CandidaA new blood test seems to perform as well as, if not better than, traditional blood cultures at detecting the candidemia infection that commonly strikes hospital patients.

The T2Candida Panel is the first diagnostic test for candidemia – a type of bloodstream infection caused by Candida yeast – that has been cleared by the US Food and Drug Administration and doesn't require culturing a blood sample from the patient to see what grows. The trial, named DIRECT2, was funded by T2 Biosystems, the company that makes the panel, which is used by UPMC.

"There are many advantages to quickly diagnosing the specific type of infection a patient has," said lead author Dr Cornelius J Clancy, associate professor of medicine in the University of Pittsburgh's division of infectious diseases, and director of the mycology programme. "With an accurate diagnosis, we can start the patient on the correct medication for the type of infection he or she has, which will hopefully allow us to stop the infection before it spreads, but also keep us from giving the patient a drug that won't work and potentially contributing to drug resistance.

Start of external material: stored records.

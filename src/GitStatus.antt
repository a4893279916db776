-- ===== src/GitStatus.antt =====
-- packages/snapshot/src/git-status.ts: the readers of git's NUL-separated output and the choice of a
-- remote. A text is the list of its bytes: git's paths are taken to be UTF-8, which `toString` keeps.
-- The loop on offsets is a loop on the fields that NUL ends, of which a last one may lack its NUL.
pub mod Split
pub mod Format
pub mod RoundTrip
pub mod Misread
pub mod Remotes
mod Scenarios
use remote_build_orchestrato.Common.{
  ℕ, zero, suc, Bool, true, false, not, ◌&&◌, ◌||◌, Option, none, some, List, [], ◌∷◌, ◌++◌, drop,
  ◌==◌, if◌then◌else◌, length,
}
use remote_build_orchestrato.Common.Text.{Text, text, split, keep, text_eq}

abbrev pub nul : ℕ
nul = 0

abbrev pub space : ℕ
space = 32

abbrev pub tab : ℕ
tab = 9

-- The next field, and what follows its NUL.
abbrev pub next_field : Text → Text × Text
next_field [] = ([], [])
next_field (c ∷ s) =
    let (field, rest) = next_field s in if c == nul then ([], s) else (c ∷ field, rest)

pub data EntryKind : Type 0 where
  tracked untracked ignored : EntryKind

pub record GitStatusEntry : Type 0 where
  pub path : Text
  pub orig_path : Option Text
  pub xy : Text
  pub kind : EntryKind
  pub submodule : Option Text

abbrev pub last_or_empty : List Text → Text
last_or_empty [] = []
last_or_empty (x ∷ []) = x
last_or_empty (x ∷ y ∷ xs) = last_or_empty (y ∷ xs)

-- fields[1] ?? ''
abbrev pub second_or_empty : List Text → Text
second_or_empty (x ∷ y ∷ xs) = y
second_or_empty _ = []

abbrev pub present : Text → Option Text
present [] = none
present (c ∷ s) = some (c ∷ s)

abbrev pub submodule_of : List Text → Option Text
submodule_of (x ∷ y ∷ z ∷ xs) = present z
submodule_of _ = none

abbrev pub plain : Text → Text → EntryKind → GitStatusEntry
plain path xy kind = record {
  path = path;
  orig_path = none;
  xy = xy;
  kind = kind;
  submodule = none;
}

abbrev pub changed_entry : List Text → Option Text → GitStatusEntry
changed_entry fields orig = record {
  path = last_or_empty fields;
  orig_path = orig;
  xy = second_or_empty fields;
  kind = tracked;
  submodule = submodule_of fields;
}

pub data LineKind : Type 0 where
  untracked_line ignored_line changed_line renamed_line unmerged_line other_line : LineKind

abbrev pub line_kind : ℕ → LineKind
line_kind c =
    if c == b'?'
    then untracked_line
    else if c == b'!'
    then ignored_line
    else if c == b'1'
    then changed_line
    else if c == b'2'
    then renamed_line
    else if c == b'u'
    then unmerged_line
    else other_line

-- What a line stands for, and what is left of the output after it and the field that it takes.
unfoldable pub read_line : Text → Text → Option GitStatusEntry × Text
read_line [] rest = (none, rest)
read_line (c ∷ s) rest = elim (line_kind c) [
  | untracked_line ↦ (some (plain (drop 2 (c ∷ s)) (text "??") untracked), rest)
  | ignored_line ↦ (some (plain (drop 2 (c ∷ s)) (text "!!") ignored), rest)
  | changed_line ↦ (some (changed_entry (split space (c ∷ s)) none), rest)
  | renamed_line ↦
      let (orig, after) = next_field rest in
      (some (changed_entry (split space (c ∷ s)) (some orig)), after)
  | unmerged_line ↦ (some (plain (second_or_empty (split tab (c ∷ s))) (text "UU") tracked), rest)
  | other_line ↦ (none, rest)
]

abbrev pub prepend {ℓ} : {A : Type ℓ} → Option A → List A → List A
prepend none xs = xs
prepend (some x) xs = x ∷ xs

-- The loop. A round takes a byte at least, so that the length of the output is fuel enough.
unfoldable pub parse_lines : ℕ → Text → List GitStatusEntry
parse_lines zero buf = []
parse_lines (suc fuel) [] = []
parse_lines (suc fuel) (c ∷ buf) =
    let (line, rest) = next_field (c ∷ buf) in
    let (entry, later) = read_line line rest in prepend entry (parse_lines fuel later)

unfoldable pub parse_porcelain_v2 : Text → List GitStatusEntry
parse_porcelain_v2 output = parse_lines (length output) output

unfoldable pub nul_paths : ℕ → Text → List Text
nul_paths zero buf = []
nul_paths (suc fuel) [] = []
nul_paths (suc fuel) (c ∷ buf) =
    let (path, rest) = next_field (c ∷ buf) in prepend (present path) (nul_paths fuel rest)

unfoldable pub parse_nul_separated_paths : Text → List Text
parse_nul_separated_paths output = nul_paths (length output) output

pub record GitRemoteFetchUrl : Type 0 where
  pub name : Text
  pub url : Text

abbrev pub is_origin : GitRemoteFetchUrl → Bool
is_origin r = text_eq r.name (text "origin")

unfoldable pub order_remotes_prefer_origin : List GitRemoteFetchUrl → List GitRemoteFetchUrl
order_remotes_prefer_origin remotes =
    keep is_origin remotes ++ keep (λ r. not (is_origin r)) remotes

abbrev pub first_allowed : (Text → Bool) → List GitRemoteFetchUrl → Option Text
first_allowed allowed [] = none
first_allowed allowed (r ∷ rs) = if allowed r.url then some r.url else first_allowed allowed rs

-- `remotes` is what `git remote -v` lists, `allowed` the allowlist.
unfoldable pub resolve_allowlisted_remote_url : List GitRemoteFetchUrl → (Text → Bool) → Option Text
resolve_allowlisted_remote_url remotes allowed =
    first_allowed allowed (order_remotes_prefer_origin remotes)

For candidemia, we know that the shorter the time to administering an active antifungal medication to a patient, the higher the survival rate. "

Candidemia is among the four most common bloodstream infections in US hospitals, and Candida are the third most common cause of infections in intensive care units. The mortality rate among patients with candidemia is 40%. Blood cultures fail to detect yeast in approximately 50% of Candida infections, and typically take two to three days for positive results to be apparent.

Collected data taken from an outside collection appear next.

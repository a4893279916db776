-- ===== src/GitStatus/Split.antt =====
-- packages/snapshot/src/git-status.ts: fields that have no separator in them.
use remote_build_orchestrato.Common.{
  ℕ, zero, suc, ◌≤◌, ◌≡◌, refl, sym, ap, ◌∙◌, inl, inr, false, List, [], ◌∷◌, ◌++◌, ◌==◌, arith,
  Bool-cases, length, length-append,
}
use remote_build_orchestrato.Common.Text.{Text, split}
use remote_build_orchestrato.GitStatus.{
  nul, next_field, read_line, parse_lines, prepend, last_or_empty,
}

-- The character does not occur in the text.
abbrev pub Free : ℕ → Text → Type 0
Free c [] = Unit
Free c (x ∷ s) = (x == c ≡ false) × Free c s

pub append-Free : (c : ℕ) (s t : Text) → Free c s → Free c t → Free c (s ++ t)
append-Free c [] t h k = k
append-Free c (x ∷ s) t (e, h) k = (e, append-Free c s t h k)

pub next_field-append :
    (line rest : Text) → Free nul line → next_field (line ++ nul ∷ rest) ≡ (line, rest)
next_field-append [] rest h = refl
next_field-append (c ∷ line) rest (e, h) = rw (e, next_field-append line rest h) refl

pub split-append : (sep : ℕ) (a b : Text) → Free sep a → split sep (a ++ sep ∷ b) ≡ a ∷ split sep b
unfolding split
split-append sep [] b h = ground arith
split-append sep (c ∷ a) b (e, h) = rw (e, split-append sep a b h) refl

pub split-Free : (sep : ℕ) (a : Text) → Free sep a → split sep a ≡ a ∷ []
unfolding split
split-Free sep [] h = refl
split-Free sep (c ∷ a) (e, h) = rw (e, split-Free sep a h) refl

split-cons : (sep : ℕ) (s : Text) → (p : Text) × (ps : List Text) × (split sep s ≡ p ∷ ps)
unfolding split
split-cons sep [] = ([], [], refl)
split-cons sep (c ∷ s) =
    let (p, ps, e) = split-cons sep s in
    elim (Bool-cases (c == sep)) [
      | inl q ↦ ([], p ∷ ps, ground arith)
      | inr q ↦ (c ∷ p, ps, ground arith)
    ]

-- The parts before a separator do not matter for the last part.
pub split-last_part :
    (sep : ℕ) (a b : Text)
    → (p q : Text) × (ps : List Text) × (split sep (a ++ sep ∷ b) ≡ p ∷ q ∷ ps)
      × (last_or_empty (q ∷ ps) ≡ last_or_empty (split sep b))
unfolding split
split-last_part sep [] b =
    let (p, ps, e) = split-cons sep b in ([], p, ps, ground arith, ap last_or_empty (sym e))
split-last_part sep (c ∷ a) b =
    let (p, q, ps, e, last) = split-last_part sep a b in
    elim (Bool-cases (c == sep)) [
      | inl here ↦ ([], p, q ∷ ps, ground arith, last)
      | inr there ↦ (c ∷ p, q, ps, ground arith, last)
    ]

pub last-split_append :
    (sep : ℕ) (a b : Text) → last_or_empty (split sep (a ++ sep ∷ b)) ≡ last_or_empty (split sep b)
last-split_append sep a b = let (p, q, ps, e, last) = split-last_part sep a b in rw e last

next_field-le : (c : ℕ) (buf : Text) → length (next_field (c ∷ buf)).1 ≤ length buf
next_field-le c [] = ground arith
next_field-le c (d ∷ buf) = ground (arith, next_field-le d buf)

next_field_le : (buf : Text) → length (next_field buf).1 ≤ length buf
next_field_le [] = omega arith
next_field_le (c ∷ buf) = omega (arith, next_field-le c buf)

read_line-le : (line rest : Text) → length (read_line line rest).1 ≤ length rest
unfolding read_line
read_line-le [] rest = omega arith
read_line-le (c ∷ s) rest = ground (arith, next_field_le rest)

-- Any fuel from the length of the output on gives the same entries.
pub parse_lines_enough :
    (f g : ℕ) (buf : Text) → length buf ≤ f → length buf ≤ g → parse_lines f buf ≡ parse_lines g buf
unfolding parse_lines
parse_lines_enough zero zero buf h k = refl
parse_lines_enough zero (suc g) [] h k = refl
parse_lines_enough (suc f) zero [] h k = refl
parse_lines_enough (suc f) (suc g) [] h k = refl
parse_lines_enough zero (suc g) (c ∷ buf) h k = absurd (omega arith)
parse_lines_enough (suc f) zero (c ∷ buf) h k = absurd (omega arith)
parse_lines_enough (suc f) (suc g) (c ∷ buf) h k =
    let (line, rest) = next_field (c ∷ buf) in
    let (entry, later) = read_line line rest in
    let short = next_field-le c buf in
    let shorter = read_line-le line rest in
    ap (prepend entry) (parse_lines_enough f g later (omega arith) (omega arith))

-- The next line of the output is read, and then what it leaves.
pub parse_lines-line :
    (f c : ℕ) (line rest : Text)
    → Free nul (c ∷ line)
    → length (c ∷ line ++ nul ∷ rest) ≤ f
    → let (entry, later) = read_line (c ∷ line) rest in
      parse_lines f (c ∷ line ++ nul ∷ rest) ≡ prepend entry (parse_lines f later)
unfolding parse_lines
parse_lines-line zero c line rest h k = absurd (omega arith)
parse_lines-line (suc f) c line rest h k =
    let later = (read_line (c ∷ line) rest).1 in
    let shorter = read_line-le (c ∷ line) rest in
    let within = length-append line (nul ∷ rest) in
    ap (λ (w : Text × Text). prepend (read_line w.0 w.1).0 (parse_lines f (read_line w.0 w.1).1))
      (next_field-append (c ∷ line) rest h)
    ∙ ap (prepend (read_line (c ∷ line) rest).0)
        (parse_lines_enough f (suc f) later (omega arith) (omega arith))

The T2Candida Panel involves putting a small vial of blood from the patient into a desktop machine that uses magnetic resonance to scan the blood for the five most common Candida species. Positive or negative results are available within five hours.
From 14 US hospitals, including UPMC, Clancy's team enrolled 152 patients who had been diagnosed with candidemia through a blood culture. On average, it took nearly two days for the culture to identify that the patient had candidemia, and another day-and-a-half to specify which strain of Candida.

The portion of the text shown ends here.